Le Mékong et la diplomatie de l’eau, un enjeu crucial pour l’Indochine
Notre chroniqueur Ioan Voicu s’interroge dans cette nouvelle analyse sur l’impact de la diplomatie de l’eau et de la Commission du fleuve Mékong.
Une diplomatie décisive pour les pays riverains de ce fleuve nourricier. Il n’existe pas de définition universellement acceptée de la diplomatie de l’eau. La Société française pour le droit international a organisé en 2010 une rencontre académique sur un thème novateur : L’eau en droit international au cours de laquelle de nombreux aspects liés à la diplomatie de l’eau ont été analysés.
Une chronique géopolitique de Ioan Voicu, ancien Ambassadeur de Roumanie en Thaïlande, professeur invité à l’Université de l’Assomption (Bangkok)
Historiquement, il est utile de rappeler que la Commission centrale pour la navigation du Rhin était prévue par l’Acte final du Congrès de Vienne de 1815 et a été convoquée pour la première fois en 1816, étant présentée dans la doctrine comme la première organisation internationale capable de pratiquer la diplomatie de l’eau.
Une organisation originale
En Asie, la réalité de la diplomatie de l’eau est illustrée par la Commission du fleuve Mékong (Mekong River Commission – MRC), qui est une organisation intergouvernementale créée en 1995 pour le dialogue et la coopération régionales dans le bassin inférieur du fleuve Mékong. Sur la base de l’Accord du Mékong entre le Cambodge, le Laos, la Thaïlande et le Vietnam, la MRC sert de plate-forme régionale pour la diplomatie de l’eau, ainsi que de pôle de connaissances sur la gestion des ressources en eau pour le développement durable de la région. La Chine et le Myanmar ont rejoint la MRC en 1996, en qualité d’observateurs. La diplomatie de l’eau est pour les membres de la MRC un élément clé afin d’éviter les conflits entre les États riverains du bassin du Mékong.
Le bassin du Mékong a 4 350 km de longueur dont près de la moitié en Chine où il prend sa source dans la chaîne de l’Himalaya. 6 pays traversés : Chine, Myanmar, Laos, Thaïlande, Cambodge, Vietnam. Un bassin-versant de 795 000 km2.
On estime que 250 millions de personnes dépendant du fleuve pour leur alimentation, le transport et l’énergie.
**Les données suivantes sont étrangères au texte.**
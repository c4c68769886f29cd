-- ===== src/ResourceManager/Requests.antt =====
-- `servClientRequest` of MusicServer/src/resourceManager.c: what a client's message does.
use music_server_app.Base.{
  ℕ, not, Option, none, some, List, ◌∷◌, if◌then◌else◌, ltb, ◌==◌, length, take, is_g_ok,
  max_client_name,
}
use music_server_app.Base.Run.{
  Run, ok, fault, null_deref, out_of_bounds, use_after_free, ◌>>=◌, ◌>>◌, require,
}
use music_server_app.Packet.{
  ClntData, register_m, deregister_m, add_m, delete_m, res_ok_m, client_delete_req_m,
}
use music_server_app.Packet.Bytes.{ByteOrder, from_memory, ntohl}
use music_server_app.ClientDb.{
  Server, ClntMsg, send_one_update_to_all_client, send_all_update_to_client, add_job_to_queue,
  create_client_msg,
}
use music_server_app.ClientDb.Register.{register_client, deregister_client, add_to_client_queue}
use music_server_app.ClientDb.Slots.{delete_from_queue}
use music_server_app.ServerRoutine.{
  Answered, freed, cleared, send_ack_and_close, send_nack_and_close, with_msg_id,
}

-- An answer after which the message is not looked at again.
abbrev pub nack : Server → ClntMsg → Run Server
nack s msg = send_nack_and_close s msg >>= λ r. ok r.1

-- `clntInfo.clientName`, zeros behind the bytes left out: at most 128 bytes, or 127 of a longer name.
unfoldable pub client_name_of : List ℕ → ℕ → Run (List ℕ)
client_name_of bytes size = do
  require (not (ltb (length bytes) size)) out_of_bounds
  ok (if ltb max_client_name size then take 127 bytes else take size bytes)

abbrev pub with_clnt_id : ℕ → ClntMsg → ClntMsg
with_clnt_id id msg = record msg {
  clnt_data = record msg.clnt_data { header = record msg.clnt_data.header { clnt_id = id } };
}

unfoldable pub register_named : Server → ClntMsg → List ℕ → Run Server
register_named s msg name = do
  (res, s') ← register_client s name msg.cli_addr
  elim res [
    | none ↦ nack s' msg
    | some id ↦ do
      (_, s'') ← send_ack_and_close s' (with_clnt_id id msg)
      ok (add_job_to_queue s'' (send_all_update_to_client id))
  ]

unfoldable pub serve_register : Server → ClntMsg → Run Server
serve_register s msg =
    if msg.clnt_data.payload_size == 0 then nack s msg else (elim msg.clnt_data.payload [
      | none ↦ nack s msg
      | some bytes ↦ client_name_of bytes msg.clnt_data.payload_size >>= register_named s msg
    ])

-- The copy that goes to all clients: `memcpy` overwrites the `msgId` that was just set by that of
-- the request, which is the answer's by then.
unfoldable pub add_copy : ClntData → List ℕ → ClntData
add_copy request bytes = record (with_msg_id res_ok_m request) {
  payload = some (take request.payload_size bytes);
}

unfoldable pub serve_add : Server → ClntMsg → Run Server
serve_add s msg = elim msg.clnt_data.payload [
  | none ↦ nack s msg
  | some bytes ↦ do
    let d = msg.clnt_data
    (res, s') ← add_to_client_queue s d.clnt_id d.token bytes d.payload_size
    if is_g_ok res
        then (do
          (_, s'') ← send_ack_and_close s' msg
          ok (add_job_to_queue s'' (send_one_update_to_all_client (add_copy d bytes))))
        else nack s' msg
]

unfoldable pub serve_deregister : Server → ClntMsg → Run Server
serve_deregister s msg = do
  (res, s') ← deregister_client s msg.clnt_data.clnt_id
  if is_g_ok res then (do (_, s'') ← send_ack_and_close s' msg; ok s'') else nack s' msg

-- `ntohl` of the four bytes that the payload begins with.
unfoldable pub read_token : ByteOrder → Option (List ℕ) → Run ℕ
read_token order none = fault null_deref
read_token order (some (t0 ∷ t1 ∷ t2 ∷ t3 ∷ rest)) =
    ok (ntohl order (from_memory order t0 t1 t2 t3))
read_token order (some _) = fault out_of_bounds

-- The client's number is read once more from the message, after the answer has freed or cleared it.
-- Where it was cleared, no worker has received the client's next packet into it in between.
unfoldable pub tell_deleted : ℕ → Answered × Server → Run Server
tell_deleted token (freed, s) = fault use_after_free
tell_deleted token (cleared, s) = ok (
    add_job_to_queue s
      (send_one_update_to_all_client (create_client_msg 0 token client_delete_req_m)))

unfoldable pub serve_delete : Server → ClntMsg → Run Server
serve_delete s msg = do
  token ← read_token s.env.order msg.clnt_data.payload
  (res, s') ← delete_from_queue s msg.clnt_data.clnt_id token
  if is_g_ok res then (send_ack_and_close s' msg >>= tell_deleted token) else nack s' msg

unfoldable pub serv_client_request : Server → ClntMsg → Run Server
serv_client_request s msg =
    let id = msg.clnt_data.msg_id in
    if id == register_m
    then serve_register s msg
    else if id == add_m
    then serve_add s msg
    else if id == deregister_m
    then serve_deregister s msg
    else if id == delete_m
    then serve_delete s msg
    else nack s msg
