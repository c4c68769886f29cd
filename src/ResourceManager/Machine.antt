-- ===== src/ResourceManager/Machine.antt =====
-- `servRequest` of MusicServer/src/resourceManager.c and the functions of its state machine, with
-- what they use of MusicServer/src/jukebox.c.
use music_server_app.Base.{
  suc, not, ◌&&◌, Option, none, some, List, [], ◌∷◌, if◌then◌else◌, ◌==◌, ◌++◌,
}
use music_server_app.Base.Run.{Run, ok, ◌>>=◌}
use music_server_app.Packet.{register_m}
use music_server_app.ClientDb.{
  Server, ClntMsg, Mp3FileReq, Mp3FileState, mp3_file_ready, mp3_file_error, FileName, song,
  get_mp3_file_from_client, play_song, add_job_to_queue,
}
use music_server_app.ClientDb.Slots.{
  get_client_request_for_downloading, get_client_request_for_playing, set_downloading_status,
  set_playing_status,
}
use music_server_app.ResourceManager.{
  RManager, RmState, idle, downloading, playing, playing_downloading, playing_downloaded, RmMsg,
  clnt_msg, mplayer_done, mplayer_stop, mplayer_err, dw_complete, dw_err, StateFunc, rm_run_state,
}
use music_server_app.ResourceManager.Requests.{serv_client_request}

abbrev pub with_server : RManager → Server → RManager
with_server rm s = record rm { server = s }

abbrev pub with_state : RManager → RmState → RManager
with_state rm state = record rm { rm_state = state }

-- The state once a download has been started.
unfoldable pub scheduled_state : RmState → RmState
scheduled_state RmState.idle = downloading
scheduled_state RmState.playing = playing_downloading
scheduled_state state = state

unfoldable pub start_download : RManager → Option Mp3FileReq → RManager
unfolding scheduled_state
start_download rm none = rm
start_download rm (some req) =
    with_server (with_state rm (scheduled_state rm.rm_state))
      (add_job_to_queue rm.server (get_mp3_file_from_client req))

unfoldable pub run_call_schedular : RManager → Run RManager
run_call_schedular rm = do
  (req, s') ← get_client_request_for_downloading rm.server
  ok (start_download (with_server rm s') req)

-- A file for the player, or back to `rm_Idle`; the scheduler runs in either case.
unfoldable pub play_file : RManager → Option FileName → RManager
play_file rm none = with_state rm idle
play_file rm (some file) =
    with_state
      (with_server rm (add_job_to_queue (record rm.server { player_file = file }) play_song))
      playing

unfoldable pub play_next : RManager → Run RManager
play_next rm = do
  (file, s') ← get_client_request_for_playing rm.server
  run_call_schedular (play_file (with_server rm s') file)

-- The `switch` of `moveToPlaying`.
unfoldable pub play_from : RmState → RManager → Run RManager
play_from RmState.downloading rm = play_next rm
play_from RmState.playing_downloaded rm = play_next rm
play_from RmState.playing_downloading rm = ok (with_state rm downloading)
play_from RmState.idle rm = ok rm
play_from RmState.playing rm = ok rm

unfoldable pub run_state_func : StateFunc → RManager → Run RManager
unfolding play_from
run_state_func StateFunc.print_rm_state_error rm = ok rm
run_state_func StateFunc.move_to_idle rm = run_call_schedular (with_state rm idle)
run_state_func StateFunc.move_to_downloading rm = ok (with_state rm downloading)
run_state_func StateFunc.move_to_playing rm = play_from rm.rm_state rm
run_state_func StateFunc.move_to_playing_schedule_next rm =
    run_call_schedular (with_state rm playing)
run_state_func StateFunc.move_to_playing_downloaded rm = ok (with_state rm playing_downloaded)
run_state_func StateFunc.call_schedular rm = run_call_schedular rm

unfoldable pub run_entry : Option StateFunc → RManager → Run RManager
run_entry none rm = ok rm
run_entry (some f) rm = run_state_func f rm

unfoldable pub run_machine : RmMsg → RManager → Run RManager
run_machine msg rm = run_entry (rm_run_state rm.rm_state msg) rm

-- `scheduleNextRandomSongFunc`, once it has found an MP3 file.
unfoldable pub schedule_next_random_song : RManager → RManager
schedule_next_random_song rm = record rm {
  is_active = 1;
  server = add_job_to_queue (record rm.server { player_file = song (rm.picks 0) }) play_song;
  picks = λ n. rm.picks (suc n);
}

-- A message that is not a registration stops the jukebox's song.
unfoldable pub stop_juke_box : RManager → ClntMsg → Server
stop_juke_box rm m =
    if not (m.clnt_data.msg_id == register_m) && rm.is_active == 1
    then record rm.server { stop = 1 }
    else rm.server

-- `servMplayerResponse`
unfoldable pub serv_mplayer_response : Server → Run Server
serv_mplayer_response s = do (_, s') ← set_playing_status s; ok s'

unfoldable pub handle_download : Mp3FileState → Server → Mp3FileReq → Run Server
handle_download state s req = do
  (_, s') ← set_downloading_status s (record req { file_state = state })
  ok s'

-- The machine runs after the message's own work.
abbrev pub and_run : RManager → RmMsg → Run Server → Run RManager
and_run rm msg work = work >>= λ s. run_machine msg (with_server rm s)

-- The end of a song while the jukebox is active ends the call without a run of the machine. For
-- `rm_mplayerStop_m` the source compares `isActive` with 0 and assigns nothing.
unfoldable pub serv_request : RManager → RmMsg → Run RManager
serv_request rm (clnt_msg m) = and_run rm (clnt_msg m) (serv_client_request (stop_juke_box rm m) m)
serv_request rm RmMsg.mplayer_done =
    if rm.is_active == 1
    then ok (schedule_next_random_song rm)
    else and_run rm mplayer_done (serv_mplayer_response rm.server)
serv_request rm RmMsg.mplayer_err =
    if rm.is_active == 1
    then ok (schedule_next_random_song rm)
    else and_run rm mplayer_err (serv_mplayer_response rm.server)
serv_request rm RmMsg.mplayer_stop =
    if rm.is_active == 1 then ok rm else and_run rm mplayer_stop (serv_mplayer_response rm.server)
serv_request rm (dw_complete req) =
    and_run rm (dw_complete req) (handle_download mp3_file_ready rm.server req)
serv_request rm (dw_err req) =
    and_run rm (dw_err req) (handle_download mp3_file_error rm.server req)

-- `postMsgToRmQueue`
unfoldable pub post_msg_to_rm : RManager → RmMsg → RManager
post_msg_to_rm rm msg = record rm { rm_queue = rm.rm_queue ++ (msg ∷ []) }

-- The inner loop of `runResourceManager` over the messages that wait.
unfoldable pub serve_queue : List RmMsg → RManager → Run RManager
serve_queue [] rm = ok rm
serve_queue (msg ∷ msgs) rm = serv_request rm msg >>= serve_queue msgs

-- `runResourceManager` starts the jukebox first.
unfoldable pub start_resource_manager : RManager → RManager
start_resource_manager rm = schedule_next_random_song rm
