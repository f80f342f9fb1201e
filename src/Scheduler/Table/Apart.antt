-- ===== src/Scheduler/Table/Apart.antt =====
-- No two enabled rules of one target act at the same minute of the same weekday
-- (app/scheduler/repository.py, `schedule_conflicting_rule` and the statements after it).
use open_asicmanager.Prelude.{
  ℕ, ◌≤◌, ◌<◌, ◌≡◌, ◌≢◌, ◌⊎◌, refl, sym, ap, ◌∙◌, subst, Bool, true, false, ==_iff, arith,
  Bool-cases, inl, inr, Option, none, some, List, [], ◌∷◌, ◌++◌, if◌then◌else◌, All, In, first_row,
  update_rows, delete_rows, count_rows, first_none→In, In-append_one, In-update,
}
use open_asicmanager.Scheduler.{Rule, RuleScope, selects}
use open_asicmanager.Scheduler.Input.{ScheduleInput}
use open_asicmanager.Scheduler.Input.Bounds.{IsAccepted}
use open_asicmanager.Scheduler.Input.Times.{as_input}
use open_asicmanager.Scheduler.Table.{
  RuleTable, conflicts, schedule_conflicting_rule, is_rule, excluded, same_scope, same_group,
  new_rule,
}
use open_asicmanager.Scheduler.Table.Days.{common_day}

-- Both are enabled for the same target at the same time of some common weekday.
pub record Clash (a b : ScheduleInput) : Type 0 where
  pub both : (a.enabled ≡ true) × (b.enabled ≡ true)
  pub scope : a.scope ≡ b.scope
  pub group_id : a.group_id ≡ b.group_id
  pub time : a.time_minutes ≡ b.time_minutes
  pub day : ℕ
  pub selected : (selects a.days_mask day ≡ true) × (selects b.days_mask day ≡ true)

abbrev pub Apart : List Rule → Type 0
Apart rules =
    (r q : Rule) → In r rules → In q rules → r.id ≢ q.id → Clash (as_input r) (as_input q) → ⊥

-- Ids are used once and the next is new, the columns of every rule are in range, and no two rules clash.
pub record IsSound (t : RuleTable) : Type 0 where
  pub distinct_ids : (i : ℕ) → count_rows (is_rule i) t.rules ≤ 1
  pub fresh_id : All (λ r. r.id < t.next_rule) t.rules
  pub accepted : All (λ r. IsAccepted (as_input r)) t.rules
  pub apart : Apart t.rules

turned : {a b : ScheduleInput} → Clash a b → Clash b a
turned c = record {
  both = (c.both.1, c.both.0);
  scope = sym c.scope;
  group_id = sym c.group_id;
  time = sym c.time;
  day = c.day;
  selected = (c.selected.1, c.selected.0);
}

same_scope_of : (a b : RuleScope) → a ≡ b → same_scope a b ≡ true
same_scope_of a b e = ground arith

same_group_of : (a b : Option ℕ) → b ≡ a → same_group a b ≡ true
same_group_of none b e = ground arith
same_group_of (some a) b e = ground arith

-- The query finds a rule that clashes.
Clash-conflicts :
    (n : ScheduleInput) (ex : Option ℕ) (q : Rule)
    → Clash (as_input q) n
    → excluded ex q ≡ false
    → conflicts n ex q ≡ true
unfolding conflicts
Clash-conflicts n ex q c out = simp (
  c.both.0,
  (==_iff q.time_minutes n.time_minutes).1 c.time,
  common_day q.days_mask n.days_mask c.day c.selected.0 c.selected.1,
  same_scope_of q.scope n.scope c.scope,
  same_group_of n.group_id q.group_id c.group_id,
  out,
)

no_conflict-Clash :
    (n : ScheduleInput) (ex : Option ℕ) (rules : List Rule)
    → schedule_conflicting_rule n ex rules ≡ none
    → (q : Rule) → In q rules
    → excluded ex q ≡ false
    → Clash (as_input q) n
    → ⊥
unfolding schedule_conflicting_rule
no_conflict-Clash n ex rules h q i out c =
    let found : first_row (conflicts n ex) rules ≡ none = rw c.both.1 at h in
    let missed : conflicts n ex q ≡ false = first_none→In (conflicts n ex) rules found i in
    cc (Clash-conflicts n ex q c out)

pub In-delete :
    (p : Rule → Bool) (r : Rule) (rules : List Rule) → In r (delete_rows p rules) → In r rules
unfolding delete_rows
In-delete p r [] i = absurd i
In-delete p r (x ∷ rules) i = kept (p x) (In-delete p r rules) i
  where
    kept :
        (b : Bool)
        → (In r (delete_rows p rules) → In r rules)
        → In r (if b then delete_rows p rules else x ∷ delete_rows p rules)
        → In r (x ∷ rules)
    kept true later j = inr (later j)
    kept false later (inl e) = inl e
    kept false later (inr j) = inr (later j)

pub create-Apart :
    (n : ScheduleInput) (now next : ℕ) (rules : List Rule)
    → schedule_conflicting_rule n none rules ≡ none
    → Apart rules
    → Apart (rules ++ new_rule next n now ∷ [])
create-Apart n now next rules clear apart r q i j ne c =
    by (In-append_one rules (new_rule next n now) i) (In-append_one rules (new_rule next n now) j)
  where
    by : In r rules ⊎ (new_rule next n now ≡ r) → In q rules ⊎ (new_rule next n now ≡ q) → ⊥
    by (inl i) (inl j) = apart r q i j ne c
    by (inl i) (inr e) =
        no_conflict-Clash n none rules clear r i refl
          (subst (λ z. Clash (as_input r) (as_input z)) (sym e) c)
    by (inr e) (inl j) =
        no_conflict-Clash n none rules clear q j refl
          (turned (subst (λ z. Clash (as_input z) (as_input q)) (sym e) c))
    by (inr e) (inr f) = ne (ap (λ z. z.id) (sym e ∙ f))

-- A row after an UPDATE of the rules with an id: the rule is new, or stands as it stood.
pub updated_rule :
    (rule_id : ℕ) (f : Rule → Rule) (x r : Rule)
    → (if is_rule rule_id x then f x else x) ≡ r
    → ((is_rule rule_id x ≡ true) × (f x ≡ r)) ⊎ ((is_rule rule_id x ≡ false) × (x ≡ r))
updated_rule rule_id f x r e = elim (Bool-cases (is_rule rule_id x)) [
  | inl t ↦ inl (t, rw t at e)
  | inr t ↦ inr (t, rw t at e)
]

-- The update that turns every row with the id into a row that reads `n` keeps the rules apart.
pub update-Apart :
    (n : ScheduleInput) (rule_id : ℕ) (f : Rule → Rule) (rules : List Rule)
    → ((x : Rule) → In x rules → is_rule rule_id x ≡ true → as_input (f x) ≡ n)
    → ((x : Rule) → (f x).id ≡ x.id)
    → schedule_conflicting_rule n (some rule_id) rules ≡ none
    → Apart rules
    → Apart (update_rows (is_rule rule_id) f rules)
update-Apart n rule_id f rules reads keeps clear apart r q i j ne c =
    let (x, (k, e)) = In-update (is_rule rule_id) f rules i in
    let (y, (l, g)) = In-update (is_rule rule_id) f rules j in
    by x y k l (updated_rule rule_id f x r (sym e)) (updated_rule rule_id f y q (sym g))
  where
    by :
        (x y : Rule)
        → In x rules
        → In y rules
        → ((is_rule rule_id x ≡ true) × (f x ≡ r)) ⊎ ((is_rule rule_id x ≡ false) × (x ≡ r))
        → ((is_rule rule_id y ≡ true) × (f y ≡ q)) ⊎ ((is_rule rule_id y ≡ false) × (y ≡ q))
        → ⊥
    by x y k l (inl (t, e)) (inl (u, g)) = ne (
        sym (ap (λ z. z.id) e)
        ∙ keeps x
        ∙ (==_iff x.id rule_id).0 t
        ∙ sym ((==_iff y.id rule_id).0 u)
        ∙ sym (keeps y)
        ∙ ap (λ z. z.id) g)
    by x y k l (inl (t, e)) (inr (u, g)) = no_conflict-Clash n (some rule_id) rules clear y l u (
        turned (
          subst (λ z. Clash z (as_input y)) (reads x k t)
            (subst (λ z. Clash (as_input z) (as_input y)) (sym e)
              (subst (λ z. Clash (as_input r) (as_input z)) (sym g) c))))
    by x y k l (inr (t, e)) (inl (u, g)) = no_conflict-Clash n (some rule_id) rules clear x k t (
        subst (λ z. Clash (as_input x) z) (reads y l u)
          (subst (λ z. Clash (as_input x) (as_input z)) (sym g)
            (subst (λ z. Clash (as_input z) (as_input q)) (sym e) c)))
    by x y k l (inr (t, e)) (inr (u, g)) =
        apart x y k l (λ same. ne (sym (ap (λ z. z.id) e) ∙ same ∙ ap (λ z. z.id) g))
          (subst (λ z. Clash (as_input z) (as_input y)) (sym e)
            (subst (λ z. Clash (as_input r) (as_input z)) (sym g) c))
Conformément aux évaluations faites par la MRC elle-même, malgré les difficultés qu’il rencontre, le Mékong a la chance de pouvoir compter sur la MRC agissant comme une plateforme de diplomatie de l’eau raisonnablement efficace pour des pays qui étaient historiquement des nations en guerre ; et tout cela, sans compter les interventions des superpuissances. La MRC a pu mener sa « diplomatie de l’eau » grâce à un certain nombre d’éléments : le cadre juridique clair, l’Accord du Mékong et ses procédures, dans lequel elle opère ; les mécanismes et processus institutionnels légitimes qui rassemblent les pays, engagent les partenaires et les parties prenantes et facilitent les accords ; la vision et la gestion stratégique du bassin, la stratégie de développement du bassin, qui vont au-delà des intérêts nationaux ; et enfin les directives techniques, par exemple, le Guide de conception préliminaire des barrages principaux, fondés sur la science.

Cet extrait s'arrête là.